NHS should pay for medicines based on outcomes, argues Novartis-backed report
A new report from the Social Market Foundation think tank argues that the UK’s National Health Service should switch to paying for medicines based on patient outcomes.
The report, Outcomes-based reimbursement of medicines, was sponsored by Novartis’ UK operations, but was independently authored by the think tank.
Its message is certainly in line with Novartis’ thinking in the UK and beyond however, as the company is among the leading pharma exponents of ‘pay for performance’ and similar deals.
While outcomes-based payment clearly has some potential risks for pharma, Novartis believes the switch could save the NHS money, and allow patients to access new medicines faster.
The UK has one of the slowest uptakes of new medicines among developed nations, but the report suggests it could learn from pioneers in outcomes-based payment, such as Italy.
Report author and SMF research director Nigel Keohane said:
“With pressure on the health budget growing, the NHS should adopt the principle of only paying for what works when it buys medicines.
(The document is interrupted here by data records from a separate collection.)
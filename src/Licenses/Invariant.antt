-- ===== src/Licenses/Invariant.antt =====
-- The invariant of licenses and activations, and the edits of app/services/license_service.ts that
-- leave the activations alone.
use reeva.Prelude.{
  ℕ, ◌≡◌, ◌≢◌, refl, sym, ◌∙◌, Bool, true, false, ◌&&◌, some, List, [], ◌∷◌, Memᴰ, Text, lit, arith,
  same, ◌==◌, find-some, select, update, length, is_none, if◌then◌else◌, All, All-mem, Bool-cases,
  inl, inr, ok, or_fail-eq-ok, ok-injective,
}
use reeva.Model.{Uuid}
use reeva.Licenses.{
  License, Activation, Licensing, not_found, find_license, save, activations_of, toggle, delete,
  LicenseUpdate, update_license, create, or_old, revocation,
}

-- Two rows of the activations have different ids and, for one license, different machines.
abbrev pub AreApart : Activation → Activation → Type 0
AreApart a b = (a.id ≢ b.id) × (a.license_id ≡ b.license_id → a.machine_id ≢ b.machine_id)

abbrev pub AllApart : List Activation → Type 0
AllApart [] = Unit
AllApart (a ∷ rest) = All (AreApart a) rest × AllApart rest

-- The stored count of every license is the number of its activations, and no machine is activated
-- twice for one license.
pub record IsConsistent (db : Licensing) : Type 0 where
  pub counted :
      All (λ (l : License). l.activation_count ≡ length (activations_of db l.id)) db.licenses
  pub apart : AllApart db.activations

pub All-update_split {ℓ κ} :
    {A : Type ℓ} (P Q : A → Type κ) (p : A → Bool) (f : A → A) (xs : List A)
    → ((a : A) → p a ≡ true → Q (f a))
    → ((a : A) → p a ≡ false → P a → Q a)
    → All P xs
    → All Q (update p f xs)
All-update_split P Q p f [] k n h = tt
All-update_split P Q p f (x ∷ xs) k n (h, hs) = elim (Bool-cases (p x)) [
  | inl t ↦ rw t (k x t, All-update_split P Q p f xs k n hs)
  | inr e ↦ rw e (n x e h, All-update_split P Q p f xs k n hs)
]

-- Saving a license with the right count keeps the counts, also when the activations changed, if
-- they did not change for the other licenses.
pub save-counted :
    (db db1 : Licensing) (l : License)
    → db1.licenses ≡ db.licenses
    → ((i : Uuid)
        → (i == l.id) ≡ false
        → length (activations_of db1 i) ≡ length (activations_of db i))
    → l.activation_count ≡ length (activations_of db1 l.id)
    → All (λ (l : License). l.activation_count ≡ length (activations_of db l.id)) db.licenses
    → All
        (λ (m : License). m.activation_count ≡ length (activations_of (save db1 l) m.id))
        (save db1 l).licenses
unfolding save activations_of
save-counted db db1 l e others count h = rw e (
    All-update_split _ _ (λ (m : License). m.id == l.id) (λ m. l) db.licenses (λ m t. count)
      (λ m f k. k ∙ sym (others m.id f)) h)

-- A save that touches no activation and no count.
pub save-IsConsistent :
    (db : Licensing) (l : License)
    → l.activation_count ≡ length (activations_of db l.id)
    → IsConsistent db
    → IsConsistent (save db l)
unfolding save
save-IsConsistent db l count h = record {
  counted = save-counted db db l refl (λ i f. refl) count h.counted;
  apart = h.apart;
}

pub find_license-some :
    (db : Licensing) (id : Uuid) (l : License)
    → find_license db id ≡ some l
    → Memᴰ l db.licenses × (l.id ≡ id) × (is_none l.deleted_at ≡ true)
unfolding find_license
find_license-some db id l h =
    let (m, t) = find-some (λ (l : License). l.id == id && is_none l.deleted_at) db.licenses h in
    (m, ground arith, ground arith)

pub counted_at :
    (db : Licensing) (id : Uuid) (l : License)
    → IsConsistent db
    → find_license db id ≡ some l
    → l.activation_count ≡ length (activations_of db l.id)
counted_at db id l h e = All-mem _ db.licenses h.counted ((find_license-some db id l e).0)

pub toggle-IsConsistent :
    (db d : Licensing) (id : Uuid) → toggle db id ≡ ok d → IsConsistent db → IsConsistent d
unfolding toggle
toggle-IsConsistent db d id h k =
    let (l, e, h1) = or_fail-eq-ok (find_license db id) not_found _ h in
    rw (sym (ok-injective h1)) (
      save-IsConsistent db
        (record l {
          status = if same l.status (lit "active") then lit "inactive" else lit "active";
        })
        (counted_at db id l k e) k)

pub delete-IsConsistent :
    (db d : Licensing) (id : Uuid) (now : ℕ)
    → delete db id now ≡ ok d
    → IsConsistent db
    → IsConsistent d
unfolding delete
delete-IsConsistent db d id now h k =
    let (l, e, h1) = or_fail-eq-ok (find_license db id) not_found _ h in
    rw (sym (ok-injective h1))
      (save-IsConsistent db (record l { deleted_at = some now }) (counted_at db id l k e) k)

pub update_license-IsConsistent :
    (db d : Licensing) (id : Uuid) (u : LicenseUpdate) (now : ℕ)
    → update_license db id u now ≡ ok d
    → IsConsistent db
    → IsConsistent d
unfolding update_license
update_license-IsConsistent db d id u now h k =
    let (l, e, h1) = or_fail-eq-ok (find_license db id) not_found _ h in
    rw (sym (ok-injective h1)) (
      save-IsConsistent db
        (record l {
          license_key = u.license_key;
          product_name = u.product_name;
          status = u.status;
          max_activations = or_old u.max_activations l.max_activations;
          expires_at = u.expires_at;
          revoked_at = revocation u.status l.revoked_at now;
        })
        (counted_at db id l k e) k)

select_none :
    (i : Uuid) (rows : List Activation)
    → All (λ (a : Activation). a.license_id ≢ i) rows
    → select (λ (a : Activation). a.license_id == i) rows ≡ []
select_none i [] h = refl
select_none i (a ∷ rows) (n, h) = ground (arith, select_none i rows h)

pub create-IsConsistent :
    (db : Licensing) (fresh : Uuid) (key : Text) (u : LicenseUpdate)
    → All (λ (a : Activation). a.license_id ≢ fresh) db.activations
    → IsConsistent db
    → IsConsistent (create db fresh key u)
unfolding create activations_of
create-IsConsistent db fresh key u n k = record {
  counted = (rw (select_none fresh db.activations n) refl, k.counted);
  apart = k.apart;
}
This would simultaneously drive better value for money and mean that patients could be given earlier access to new treatments.”
“Given the NHS spends £17bn on medicines each year, the reforms would also steer manufacturers to develop innovative drugs that can make the largest improvements to patient health.”
Drawing on international experiences in countries such as Italy, lessons from other UK public services and the wider NHS reform agenda, the report recommends that:
- New drugs that meet specific criteria – such as addressing ‘unmet need’ among patients – would be eligible to go through the new purchasing scheme and fast-tracked to patients.
- The NHS and the manufacturer would agree the health outcomes that should be achieved and the basis on which the manufacturer would be paid if and / or when the drugs are successful.
- The NHS should lead an exercise towards better outcomes measurement and data to enable performance to be tracked properly. The report says this would be of wider benefit to NHS commissioning reforms.
The report comes at a confusing time for the UK pharma industry, its future clouded by the many uncertainties of Brexit.
Theresa May’s government has stressed that the life sciences sector is one of UK’s most important, but new budget control measures enforced by NHS England are causing consternation in the pharma industry.
The key UK pricing agreement, the PPRS , is due to renewal from December 2018, and many pharma companies have expressed their dissatisfaction with the system, which has capped spending but not delivered on promises to accelerate new medicines uptake.
Meanwhile the next few months are due to see the Government belatedly publish its response to the Accelerated Access Review, while Sir John Bell is set to unveil the Life Sciences strategy.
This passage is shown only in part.